In this installment of our series we have presented a frequency-domain model of the PID Controller found in Moku instruments. Typically described via its time-domain behavior, this example nicely highlights the complementarity of the two domains. It is intended that this model be implemented in floating-point software (MATLAB, Python etc.) to assist users in the design and analysis of their experiments. The model agrees well with measured data. However, in cases where greatest accuracy is required, we recommend characterizing system response directly using our Frequency Response Analyzer.
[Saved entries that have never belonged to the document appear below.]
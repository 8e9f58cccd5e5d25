-- ===== src/Cache/Tests.antt =====
-- A local cache of a minute over a redis that holds one key, and the theorems at it.
use woocoo.Base.{
  ℕ, ◌≡◌, ◌<◌, ◌≤◌, refl, Bool, true, false, [], ◌∷◌, Option, none, some, same_text, same_text_refl,
  if◌then◌else◌, ◌==◌, ap,
}
use woocoo.Base.Int.{pos}
use woocoo.Cache.{
  Bytes, Key, Value, nil_value, bytes, text, flag, int, float, object, pointer, Receiver, to_flag,
  to_int, to_float, to_object, Result, ok, err, not_registered, unchanged, wrote, Options,
  no_options, skip_cache, skip_remote, is, expiration,
}
use woocoo.Cache.Codec.{Library, marshal, unmarshal}
use woocoo.Cache.Codec.RoundTrip.{receiver_of, IsPlain, IsCodec, unmarshal-marshal}
use woocoo.Cache.Lfu.{TinyLfu, Config, apply_offset, fix_ttl, set_options, get_inner}
use woocoo.Cache.Lfu.Expiry.{fix_ttl-range}
use woocoo.Cache.Lfu.Laws.{Keeps, get_inner-set_options}
use woocoo.Cache.Manager.{
  Manager, register_cache, unregister_cache, get_cache, register_cache-get_cache,
}
use woocoo.Cache.Redisc.{Redisc, Client, data_found, redis_nil, reply, get}
use woocoo.Cache.Redisc.Laws.{get-skip_cache, get-raw_unwritten}

program : Unit {0}
unfolding is expiration apply_offset fix_ttl marshal unmarshal set_options get_inner get
    register_cache unregister_cache get_cache
program = tt

-- One byte for the kind, then the numbers.
abbrev encode : Value → Option Bytes
encode (flag true) = some (1 ∷ [])
encode (flag false) = some (0 ∷ [])
encode (int n) = some (n ∷ [])
encode (float n) = some (n ∷ [])
encode (object t n) = some (t ∷ n ∷ [])
encode v = none

abbrev decode : Bytes → Receiver → Option Value
decode (n ∷ []) to_flag = some (flag (n == 1))
decode (n ∷ []) to_int = some (int n)
decode (n ∷ []) to_float = some (float n)
decode (t ∷ n ∷ []) (to_object u) = some (object t n)
decode b r = none

abbrev lib : Library
lib = record { encode = encode; decode = decode; s2_encode = λ b. b; s2_decode = some }

decode-encode :
    (v : Value) (b : Bytes) → IsPlain v → encode v ≡ some b → decode b (receiver_of v) ≡ some v
decode-encode nil_value b p h = absurd p
decode-encode (pointer v) b p h = absurd p
decode-encode (bytes s) b p h = absurd cc
decode-encode (text s) b p h = absurd cc
decode-encode (flag true) b p h = let e : b ≡ 1 ∷ [] = cc in rw e
decode-encode (flag false) b p h = let e : b ≡ 0 ∷ [] = cc in rw e
decode-encode (int n) b p h = let e : b ≡ n ∷ [] = cc in rw e (refl)
decode-encode (float n) b p h = let e : b ≡ n ∷ [] = cc in rw e (refl)
decode-encode (object t n) b p h = let e : b ≡ t ∷ n ∷ [] = cc in rw e

lib-IsCodec : IsCodec lib
lib-IsCodec = record { reads = decode-encode; expands = λ b. refl }

-- A store that keeps everything.
abbrev store : TinyLfu
store = record {
  Store = Key → Option Value;
  fresh = λ size samples key. none;
  fetch = λ s key. (s, s key);
  put = λ s i key. if same_text i.key key then some i.value else s key;
  drop = λ s key other. if same_text key other then none else s other;
}

store-Keeps : Keeps store
store-Keeps s i = rw (same_text_refl i.key)

abbrev redis : Client
redis = record {
  Store = Key → Option Bytes;
  fetch = λ s key. (s, elim (s key) [ none ↦ redis_nil | some b ↦ data_found b ]);
  put = λ mode s key b ttl. (λ other. if same_text key other then some b else s other, reply true);
  exists = λ s key. elim (s key) [ none ↦ false | some b ↦ true ];
  drop = λ s key. (λ other. if same_text key other then none else s other, none);
}

-- A minute, and a sixtieth of it at random.
abbrev minute : Config
minute = record {
  size = 1000;
  samples = 100000;
  ttl = 60000;
  deviation = 60;
  subsidiary = true;
  offset = 0;
}

abbrev applied : Config
applied = record minute { offset = 1000 }

abbrev draw : ℕ → ℕ
draw n = 0

abbrev key : Key
key = 107 ∷ []

abbrev answer : Value
answer = object 3 42

unmarshal-marshal_example : unmarshal lib (3 ∷ 42 ∷ 0 ∷ []) (receiver_of answer) ≡ wrote answer
unfolding program
unmarshal-marshal_example = unmarshal-marshal lib lib-IsCodec answer 3 (42 ∷ 0 ∷ []) tt refl

draw-IsBounded : (n : ℕ) → 0 < n → draw n < n
draw-IsBounded n h = h

fix_ttl-range_example : (5000 ≤ 5000) × (5000 ≤ 6000)
unfolding program
fix_ttl-range_example =
    fix_ttl-range draw minute applied (pos 5000) no_options 5000 draw-IsBounded refl refl refl refl

get_inner-set_options_example :
    (get_inner store lib draw applied
      (λ other. if same_text key other then some (bytes (3 ∷ 42 ∷ 0 ∷ [])) else none)
      key
      (to_object 3)
      false).1
    ≡ wrote answer
unfolding program
get_inner-set_options_example =
    get_inner-set_options store lib draw applied (λ k. none) _ key answer (pos 0) no_options
      store-Keeps lib-IsCodec tt (3, 42 ∷ 0 ∷ [], refl) refl

abbrev getter : Key → Result Value
getter k = ok answer

abbrev skipping : ℕ → Bool → Options
skipping mode raw = record no_options { skip = mode; raw = raw; getter_func = some getter }

abbrev world : Redisc store redis
world = record { local = some (λ k. none); remote = λ k. none; stats = none }

get-skip_cache_example :
    get store redis lib draw applied
      (pos 0)
      world
      key
      (to_object 3)
      nil_value
      (skipping skip_cache false)
    ≡ (world, wrote answer)
unfolding program
get-skip_cache_example =
    get-skip_cache store redis lib draw applied (pos 0) world key nil_value answer 3 (42 ∷ 0 ∷ [])
      (skipping skip_cache false) getter lib-IsCodec tt refl refl refl refl refl refl

get-raw_unwritten_example :
    (get store redis lib draw applied
      (pos 0)
      world
      key
      (to_object 3)
      nil_value
      (skipping skip_remote true)).1
    ≡ unchanged
unfolding program
get-raw_unwritten_example =
    ap (λ r. r.1)
      (get-raw_unwritten store redis lib draw applied (pos 0) world (λ k. none) key nil_value answer
        (skipping skip_remote true) getter 60000 tt refl refl refl refl refl refl refl refl)

abbrev empty_manager : Manager ℕ
empty_manager = record { drivers = []; default_driver = none }

registers_again :
    ((register_cache empty_manager key 5).1 ≡ ok tt)
    × (get_cache (register_cache empty_manager key 5).0 key ≡ ok 5)
    × (get_cache (unregister_cache (register_cache empty_manager key 5).0 key) key
        ≡ err not_registered)
    × ((register_cache (unregister_cache (register_cache empty_manager key 5).0 key) key 6).1
        ≡ ok tt)
unfolding program
registers_again = register_cache-get_cache empty_manager 107 [] 5 6 refl
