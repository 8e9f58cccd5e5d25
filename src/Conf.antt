-- ===== src/Conf.antt =====
-- The configurations of pkg/conf: the environment in a text, the tree of a configuration, and its files.
pub mod Env
pub mod Expand
pub mod Tree
pub mod Load
mod Tests
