-- ===== src/Web.antt =====
-- The keys of a web request: pkg/httpx/util.go, web/handler/extractor.go, web/handler/keyauth.go,
-- web/handler/jwt.go, web/handler/errorhandle.go and the excluded paths of web/handler/middleware.go; and
-- the compressed responses of web/handler/gzip.
--
-- A request is what net/http and gin read of it: the values of a header, given by its canonical name,
-- the values of a query, the parameters of the path, the cookies, and the values of the form.
pub mod Extractor
pub mod KeyAuth
pub mod Skip
pub mod ErrorHandle
pub mod Jwt
pub mod Gzip
mod Tests
mod ErrorTests
mod JwtTests
mod GzipTests
use woocoo.Base.{ℕ, List}

abbrev pub Text : Type 0
Text = List ℕ

pub record Request : Type 0 where
  pub header_values : Text → List Text
  pub query_array : Text → List Text
  pub params : List (Text × Text)
  pub cookies : List (Text × Text)
  pub form : Text → List Text

pub data WebError : Type 0 where
  header_missing header_invalid query_missing param_missing cookie_missing form_missing : WebError
  bad_lookup no_extractors : WebError
  user_error : ℕ → WebError

pub data Result {ℓ} (A : Type ℓ) : Type ℓ where
  ok : A → Result A
  err : WebError → Result A
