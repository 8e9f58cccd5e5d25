-- ===== src/Conf/Env.antt =====
-- `ParseEnv` and `TryLoadEnvFromFile` of pkg/conf/util.go, on ASCII. The environment is a map.
use woocoo.Base.{
  ℕ, zero, suc, Bool, true, false, ◌||◌, ◌&&◌, List, [], ◌∷◌, ◌++◌, Option, none, some, leb, ◌==◌,
  codes, length, is_digit, Dict, with_entry, if◌then◌else◌,
}
use woocoo.Web.{Text}

-- The class `[ \w]`.
abbrev pub is_name : ℕ → Bool
is_name c =
    c == b' ' || is_digit c || leb b'A' c && leb c b'Z' || c == b'_' || leb b'a' c && leb c b'z'

abbrev pub prefixed_by : ℕ → Option Text → Option Text
prefixed_by c none = none
prefixed_by c (some name) = some (c ∷ name)

-- `[ \w]*}` at the beginning of a text: the name before the brace.
unfoldable pub braced : Text → Option Text
braced [] = none
braced (c ∷ s) =
    let rest = braced s in
    if is_name c then prefixed_by c rest else if c == b'}' then some [] else none

-- A name of `[ \w]+` is not empty.
abbrev pub not_empty : Option Text → Option Text
not_empty none = none
not_empty (some []) = none
not_empty (some (c ∷ name)) = some (c ∷ name)

-- A match of `envRegexp` at the beginning of a text: the name between the braces.
unfoldable pub matched_name : Text → Option Text
unfolding braced
matched_name [] = none
matched_name (d ∷ []) = none
matched_name (d ∷ b ∷ s) = if d == b'$' && b == b'{' then not_empty (braced s) else none

-- `bytes.Trim` of blanks.
abbrev trim_left : Text → Text
trim_left [] = []
trim_left (c ∷ s) = let rest = trim_left s in if c == b' ' then rest else c ∷ s

abbrev trim_right_from : (blanks s : Text) → Text
trim_right_from blanks [] = []
trim_right_from blanks (c ∷ s) =
    let more = trim_right_from (blanks ++ c ∷ []) s in
    let rest = trim_right_from [] s in if c == b' ' then more else blanks ++ c ∷ rest

abbrev pub trimmed_name : Text → Text
trimmed_name s = trim_right_from [] (trim_left s)

-- `ReplaceAllFunc` with the environment; `skip` counts the characters left of the last match.
unfoldable pub replace_from : (env : Text → Text) → (skip : ℕ) → Text → Text
unfolding matched_name
replace_from env skip [] = []
replace_from env (suc skip) (c ∷ s) = replace_from env skip s
replace_from env zero (c ∷ s) = elim (matched_name (c ∷ s)) [
  | some name ↦ env (trimmed_name name) ++ replace_from env (suc (suc (length name))) s
  | none ↦ c ∷ replace_from env zero s
]

-- Whether there is a match at all.
unfoldable pub has_match : Text → Bool
unfolding matched_name
has_match [] = false
has_match (c ∷ s) = elim (matched_name (c ∷ s)) [ some name ↦ true | none ↦ has_match s ]

unfoldable pub parse_env : (env : Text → Text) → Text → Text
unfolding replace_from has_match
parse_env env src = if has_match src then replace_from env zero src else src

abbrev pub env_files : (mode : Text) → List Text
env_files [] = codes ".env" ∷ codes ".env.local" ∷ []
env_files (c ∷ mode) = codes ".env" ∷ codes ".env.local" ∷ (codes ".env." ++ c ∷ mode) ∷ []

abbrev set_all : Dict Text → Dict Text → Dict Text
set_all env [] = env
set_all env ((k, v) ∷ more) = set_all (with_entry env k v) more

module _ (join_path : Text → Text → Text) (read_file : Text → Option Text)
    (parse_file : Text → Option (Dict Text)) where
  abbrev load_file : Dict Text → Option Text → Dict Text
  load_file env none = env
  load_file env (some bytes) = elim (parse_file bytes) [ none ↦ env | some more ↦ set_all env more ]

  -- The loop over the files: one that is missing or not readable is passed over, and a later one goes
  -- before an earlier one.
  abbrev pub load_files : (scan : Text) → List Text → Dict Text → Dict Text
  load_files scan [] env = env
  load_files scan (name ∷ names) env =
      load_files scan names (load_file env (read_file (join_path scan name)))

  unfoldable pub try_load_env : (scan mode : Text) → Dict Text → Dict Text
  try_load_env scan mode env = load_files scan (env_files mode) env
In this series as a whole we have provided a basic foundation in frequency-domain control. Starting from the definition of a transfer function, we constructed feedback control loops using block diagrams and demonstrated how signals propagated around the loop in the steady state. This work led to ideas of disturbance rejection, set point tracking and stability. We concluded by briefly discussing the interplay between these concepts when shaping the open-loop transfer function. Throughout this work we have striven to keep mathematical details to a minimum, particularly in matters relating to stability. Readers seeking greater detail and rigor will be well-served by the literature cited below.

References

A. Abramovici and J. Chapsky, Feedback control systems. Dordrecht, Netherlands: Springer, Sep. 2000.
K. Ogata, Modern Control Engineering, 5th ed. Upper Saddle River, NJ: Pearson, Aug. 2009.